* **What is expected**: Within the records that follow, determine how many lines include the word "Leadership". State the number and nothing further.

* **Given records**:

───

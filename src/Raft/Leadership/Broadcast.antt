-- ===== src/Raft/Leadership/Broadcast.antt =====
-- The broadcasts of a leader return, and keep its invariant: no IndexError and no ValueError.
use cs525_project.Common.{
  ℕ, suc, ◌+◌, ◌-◌, ◌≤◌, ◌<◌, false, ◌≡◌, refl, Option, none, some, List, [], ◌∷◌, arith, length,
  length-append, get_elem?-lt, All, leb, inl, inr, Bool-cases,
}
use cs525_project.Protocol.{Entry}
use cs525_project.Raft.State.{RaftNode, gets, reads}
use cs525_project.Raft.Log.{
  cut_log, place_entry, push_entry, append_entry, log_max_index, get_node_index,
}
use cs525_project.Raft.Leader.{
  send_to_node, send_to_current, broadcast_append_entries, send_committal_to, send_committals,
  broadcast_commit_entries,
}
use cs525_project.Raft.Returns.{
  Returns, Returns-bind, Returns-pure, Returns-reads, Returns-gets, Returns-modify,
}
use cs525_project.Raft.Leadership.{Group, InLog, IsLeading, index_of-lt}
use cs525_project.Raft.Leadership.Assign.{
  Leads, assign_next-Leads, assign_own-Leads, address-Leads, entry-Leads,
  send_append_entries-IsLeading, send_committal-IsLeading, commit_entry-IsLeading,
}

InLog-weaken :
    (top : ℕ) (nexts : List (Option ℕ)) → All (InLog top) nexts → All (InLog (suc top)) nexts
InLog-weaken top [] a = tt
InLog-weaken top (none ∷ rest) a = (tt, InLog-weaken top rest a.1)
InLog-weaken top (some i ∷ rest) a = (omega arith, InLog-weaken top rest a.1)

pub me-lt : (g : Group) → g.me < length g.ids
me-lt g = index_of-lt g.my g.ids g.me g.found

module _ {g : Group} {top cap : ℕ} {s : RaftNode} (h : IsLeading g top cap s) where
  -- The log grows by one entry.
  append_entry-Leads : (e : Entry) → Returns (Leads g (suc top) cap) (append_entry e false none) s
  unfolding append_entry cut_log place_entry push_entry
  append_entry-Leads e =
      let (last, found) = get_elem?-lt s.log (length s.log - 1) (omega (arith, h.log_length)) in
      record {
        holds =
            rw (found, place_entry)
              (record {
                ids_eq = h.ids_eq;
                id_eq = h.id_eq;
                nodes_eq = h.nodes_eq;
                log_length = omega (arith, length-append s.log (e ∷ []), h.log_length);
                next_length = h.next_length;
                match_length = h.match_length;
                heard_length = h.heard_length;
                nexts = InLog-weaken top s.next_index h.nexts;
                own = h.own;
              });
      }

  top-Leads : Returns (λ x t. IsLeading g top cap t × (x ≡ top)) (gets log_max_index) s
  top-Leads = Returns-gets log_max_index s (h, omega (arith, h.log_length))

  me-Leads :
      Returns (λ x t. IsLeading g top cap t × (x ≡ g.me)) (reads (λ t. get_node_index t.my_id t)) s
  unfolding get_node_index
  me-Leads = Returns-reads _ g.me s (rw (h.id_eq, h.ids_eq, g.found)) (h, refl)

send_to_node-Leads :
    {g : Group} {top cap : ℕ} {s : RaftNode} (h : IsLeading g top cap s) (i t : ℕ) (e : Entry)
    (node : ℕ)
    → 1 ≤ top
    → node < length g.ids
    → Returns (Leads g top cap) (send_to_node i t e node) s
unfolding send_to_node
send_to_node-Leads h i t e node p n = Returns-bind _ _ _ (address-Leads h node n) λ address u hu.
    Returns-bind _ _ u
      (Returns-modify {P = Leads _ _ _} _ u (send_append_entries-IsLeading hu i t e (some address)))
      λ _ v hv.
        Returns-bind _ _ v (top-Leads hv)
          λ x w hw. assign_next-Leads hw.0 node (some x) n (omega (arith, hw.1))

send_to_current-Leads :
    {g : Group} {top cap : ℕ} (i t : ℕ) (e : Entry) (node : ℕ) (nodes : List (Option ℕ))
    {s : RaftNode}
    → IsLeading g top cap s
    → 1 ≤ top
    → node + length nodes ≡ length g.ids
    → Returns (Leads g top cap) (send_to_current i t e node nodes) s
unfolding send_to_current
send_to_current-Leads i t e node [] h p l = Returns-pure tt _ h
send_to_current-Leads i t e node (some _ ∷ rest) h p l =
    send_to_current-Leads i t e (suc node) rest h p (omega arith)
send_to_current-Leads i t e node (none ∷ rest) h p l =
    Returns-bind _ _ _ (send_to_node-Leads h i t e node p (omega arith))
      λ _ u hu. send_to_current-Leads i t e (suc node) rest hu p (omega arith)

-- A broadcast of an entry returns, and the log is longer by one.
pub broadcast_append_entries-Leads :
    {g : Group} {top cap : ℕ} {s : RaftNode} (h : IsLeading g top cap s) (e : Entry)
    → Returns (Leads g (suc top) (suc top)) (broadcast_append_entries e) s
unfolding broadcast_append_entries
broadcast_append_entries-Leads {g} {top} {cap} {s} h e =
    Returns-bind _ _ s (append_entry-Leads h e) λ prev t ht.
      Returns-bind _ _ t
        (Returns-gets {P = λ nodes u. IsLeading g (suc top) cap u × (length nodes ≡ length g.ids)} _
          t (ht, ht.next_length))
        λ nodes u hu.
          Returns-bind _ _ u
            (send_to_current-Leads prev.0 prev.1 e 0 nodes hu.0 (omega arith) (omega (arith, hu.1)))
            λ _ v hv. Returns-bind _ _ v (me-Leads hv) λ me w hw.
              Returns-bind _ _ w (assign_next-Leads hw.0 me none (rw hw.1 (me-lt g)) tt) λ _ x hx.
                Returns-bind _ _ x (top-Leads hx)
                  λ last y hy. rw (hw.1, hy.1) (assign_own-Leads hy.0 (suc top) (me-lt g))

send_committal_to-Leads :
    {g : Group} {top cap : ℕ} {s : RaftNode} (h : IsLeading g top cap s) (node index : ℕ)
    → node < length g.ids
    → Returns (Leads g top cap) (send_committal_to node index) s
unfolding send_committal_to
send_committal_to-Leads h node index n = elim (Bool-cases (leb index index)) [
  | inl e ↦ rw e (
      Returns-bind _ _ _ (address-Leads h node n)
        λ address u hu. Returns-modify _ u (send_committal-IsLeading hu index address))
  | inr e ↦ rw e (Returns-pure tt _ h)
]

send_committals-Leads :
    {g : Group} {top cap : ℕ} (node : ℕ) (nodes : List ℕ) {s : RaftNode}
    → IsLeading g top cap s
    → node + length nodes ≡ length g.ids
    → Returns (Leads g top cap) (send_committals node nodes) s
unfolding send_committals
send_committals-Leads node [] h l = Returns-pure tt _ h
send_committals-Leads node (index ∷ rest) h l =
    Returns-bind _ _ _ (send_committal_to-Leads h node index (omega arith))
      λ _ u hu. send_committals-Leads (suc node) rest hu (omega arith)

-- A commit of an index of the log returns.
pub broadcast_commit_entries-Leads :
    {g : Group} {top cap : ℕ} {s : RaftNode} (h : IsLeading g top cap s) (index : ℕ)
    → index ≤ top
    → Returns (Leads g top cap) (broadcast_commit_entries index) s
unfolding broadcast_commit_entries
broadcast_commit_entries-Leads {g} {top} {cap} h index i =
    Returns-bind _ _ _ (entry-Leads h index i) λ entry t ht.
      Returns-bind _ _ t
        (Returns-modify {P = Leads g top cap} _ t (commit_entry-IsLeading ht index entry.term))
        λ _ u hu.
          Returns-bind _ _ u
            (Returns-gets {P = λ nodes v. IsLeading g top cap v × (length nodes ≡ length g.ids)} _ u
              (hu, hu.match_length))
            λ nodes v hv. send_committals-Leads 0 nodes hv.0 (omega (arith, hv.1))
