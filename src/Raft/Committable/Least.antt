-- ===== src/Raft/Committable/Least.antt =====
-- What `max_committable_index` computes: the least entry of `match_index`.
use cs525_project.Common.{
  ℕ, ◌+◌, ◌/◌, ◌≤◌, ◌<◌, ◌≡◌, ◌↔◌, refl, List, [], ◌∷◌, All, length, leb, arith, inl, inr,
  Bool-cases, suc, tests,
}
use cs525_project.Raft.Committable.{
  insert_desc, sort_desc, replicated_on, committable_loop, max_committable_index,
}

-- From the greatest to the least.
abbrev IsDescending : List ℕ → Type 0
IsDescending [] = Unit
IsDescending (x ∷ xs) = All (λ y. y ≤ x) xs × IsDescending xs

abbrev last_or : ℕ → List ℕ → ℕ
last_or x [] = x
last_or x (y ∷ ys) = last_or y ys

All-le_trans : (x y : ℕ) (xs : List ℕ) → x ≤ y → All (λ z. z ≤ x) xs → All (λ z. z ≤ y) xs
All-le_trans x y [] h a = tt
All-le_trans x y (z ∷ zs) h a = (omega arith, All-le_trans x y zs h a.1)

All-insert_desc : (P : ℕ → Type 0) (x : ℕ) (xs : List ℕ) → P x → All P xs → All P (insert_desc x xs)
All-insert_desc P x [] p a = (p, tt)
All-insert_desc P x (y ∷ ys) p a = elim (Bool-cases (leb y x)) [
  | inl e ↦ rw e (p, a)
  | inr e ↦ rw e (a.0, All-insert_desc P x ys p a.1)
]

insert_desc-All : (P : ℕ → Type 0) (x : ℕ) (xs : List ℕ) → All P (insert_desc x xs) → P x × All P xs
insert_desc-All P x [] a = a
insert_desc-All P x (y ∷ ys) a = elim (Bool-cases (leb y x)) [
  | inl e ↦ rw e at a
  | inr e ↦
      (let b : P y × All P (insert_desc x ys) = rw e at a in
        let c = insert_desc-All P x ys b.1 in (c.0, (b.0, c.1)))
]

insert_desc-IsDescending : (x : ℕ) (xs : List ℕ) → IsDescending xs → IsDescending (insert_desc x xs)
insert_desc-IsDescending x [] d = (tt, tt)
insert_desc-IsDescending x (y ∷ ys) d = elim (Bool-cases (leb y x)) [
  | inl e ↦ rw e ((omega tests, All-le_trans y x ys (omega tests) d.0), d)
  | inr e ↦
      rw e (All-insert_desc (λ z. z ≤ y) x ys (ground arith) d.0, insert_desc-IsDescending x ys d.1)
]

sort_desc-IsDescending : (xs : List ℕ) → IsDescending (sort_desc xs)
unfolding sort_desc
sort_desc-IsDescending [] = tt
sort_desc-IsDescending (x ∷ xs) =
    insert_desc-IsDescending x (sort_desc xs) (sort_desc-IsDescending xs)

All-sort_desc : (P : ℕ → Type 0) (xs : List ℕ) → All P xs ↔ All P (sort_desc xs)
unfolding sort_desc
All-sort_desc P [] = (λ a. a, λ a. a)
All-sort_desc P (x ∷ xs) = (
  λ a. All-insert_desc P x (sort_desc xs) a.0 ((All-sort_desc P xs).0 a.1),
  λ a. let b = insert_desc-All P x (sort_desc xs) a in (b.0, (All-sort_desc P xs).1 b.1),
)

length-insert_desc : (x : ℕ) (xs : List ℕ) → length (insert_desc x xs) ≡ suc (length xs)
length-insert_desc x [] = refl
length-insert_desc x (y ∷ ys) = ground (arith, length-insert_desc x ys)

length-sort_desc : (xs : List ℕ) → length (sort_desc xs) ≡ length xs
unfolding sort_desc
length-sort_desc [] = refl
length-sort_desc (x ∷ xs) = omega (arith, length-insert_desc x (sort_desc xs), length-sort_desc xs)

-- In a descending list the last element is the least.
le-last_or :
    (c x : ℕ) (xs : List ℕ) → IsDescending (x ∷ xs) → (c ≤ last_or x xs) ↔ All (λ i. c ≤ i) (x ∷ xs)
le-last_or c x [] d = (λ h. (h, tt), λ a. a.0)
le-last_or c x (y ∷ ys) d = (
  λ h. let a = (le-last_or c y ys d.1).0 h in (omega (arith, a.0, d.0.0), a),
  λ a. (le-last_or c y ys d.1).1 a.1,
)

replicated_on-All : (c : ℕ) (xs : List ℕ) → All (λ i. c ≤ i) xs → replicated_on c xs ≡ length xs
unfolding replicated_on
replicated_on-All c [] a = refl
replicated_on-All c (x ∷ xs) a = ground (arith, replicated_on-All c xs a.1)

-- The loop ends on the last index, if that one is found on enough nodes.
committable_loop-last :
    (n : ℕ) (all : List ℕ) (x : ℕ) (xs : List ℕ) (found : ℕ)
    → n / 2 + 1 ≤ replicated_on (last_or x xs) all
    → committable_loop n all (x ∷ xs) found ≡ last_or x xs
unfolding committable_loop
committable_loop-last n all x [] found h = ground arith
committable_loop-last n all x (y ∷ ys) found h = committable_loop-last n all y ys _ h

descending_loop :
    (n c : ℕ) (xs : List ℕ)
    → IsDescending xs
    → 0 < length xs
    → n / 2 + 1 ≤ length xs
    → (c ≤ committable_loop n xs xs 0) ↔ All (λ i. c ≤ i) xs
descending_loop n c [] d h m = absurd (omega arith)
descending_loop n c (x ∷ xs) d h m =
    let lowest = (le-last_or (last_or x xs) x xs d).0 (omega arith) in
    rw
      (committable_loop-last n (x ∷ xs) x xs 0
        (omega (arith, replicated_on-All (last_or x xs) (x ∷ xs) lowest)))
      (le-last_or c x xs d)

-- For an entry of `match_index` for each node, an index is at most the one that the leader commits
-- exactly if every node has it: the loop ends on the least entry, not on the one that a majority
-- has.
pub le-max_committable_index :
    (match_index : List ℕ) (c : ℕ)
    → 0 < length match_index
    → (c ≤ max_committable_index (length match_index) match_index) ↔ All (λ i. c ≤ i) match_index
unfolding max_committable_index
le-max_committable_index ms c h =
    let found =
      descending_loop (length ms) c (sort_desc ms) (sort_desc-IsDescending ms)
        (omega (arith, length-sort_desc ms)) (omega (arith, length-sort_desc ms)) in
    let sorted = All-sort_desc (λ i. c ≤ i) ms in
    (λ a. sorted.1 (found.0 a), λ a. found.1 (sorted.0 a))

───

* **Answer below**: 4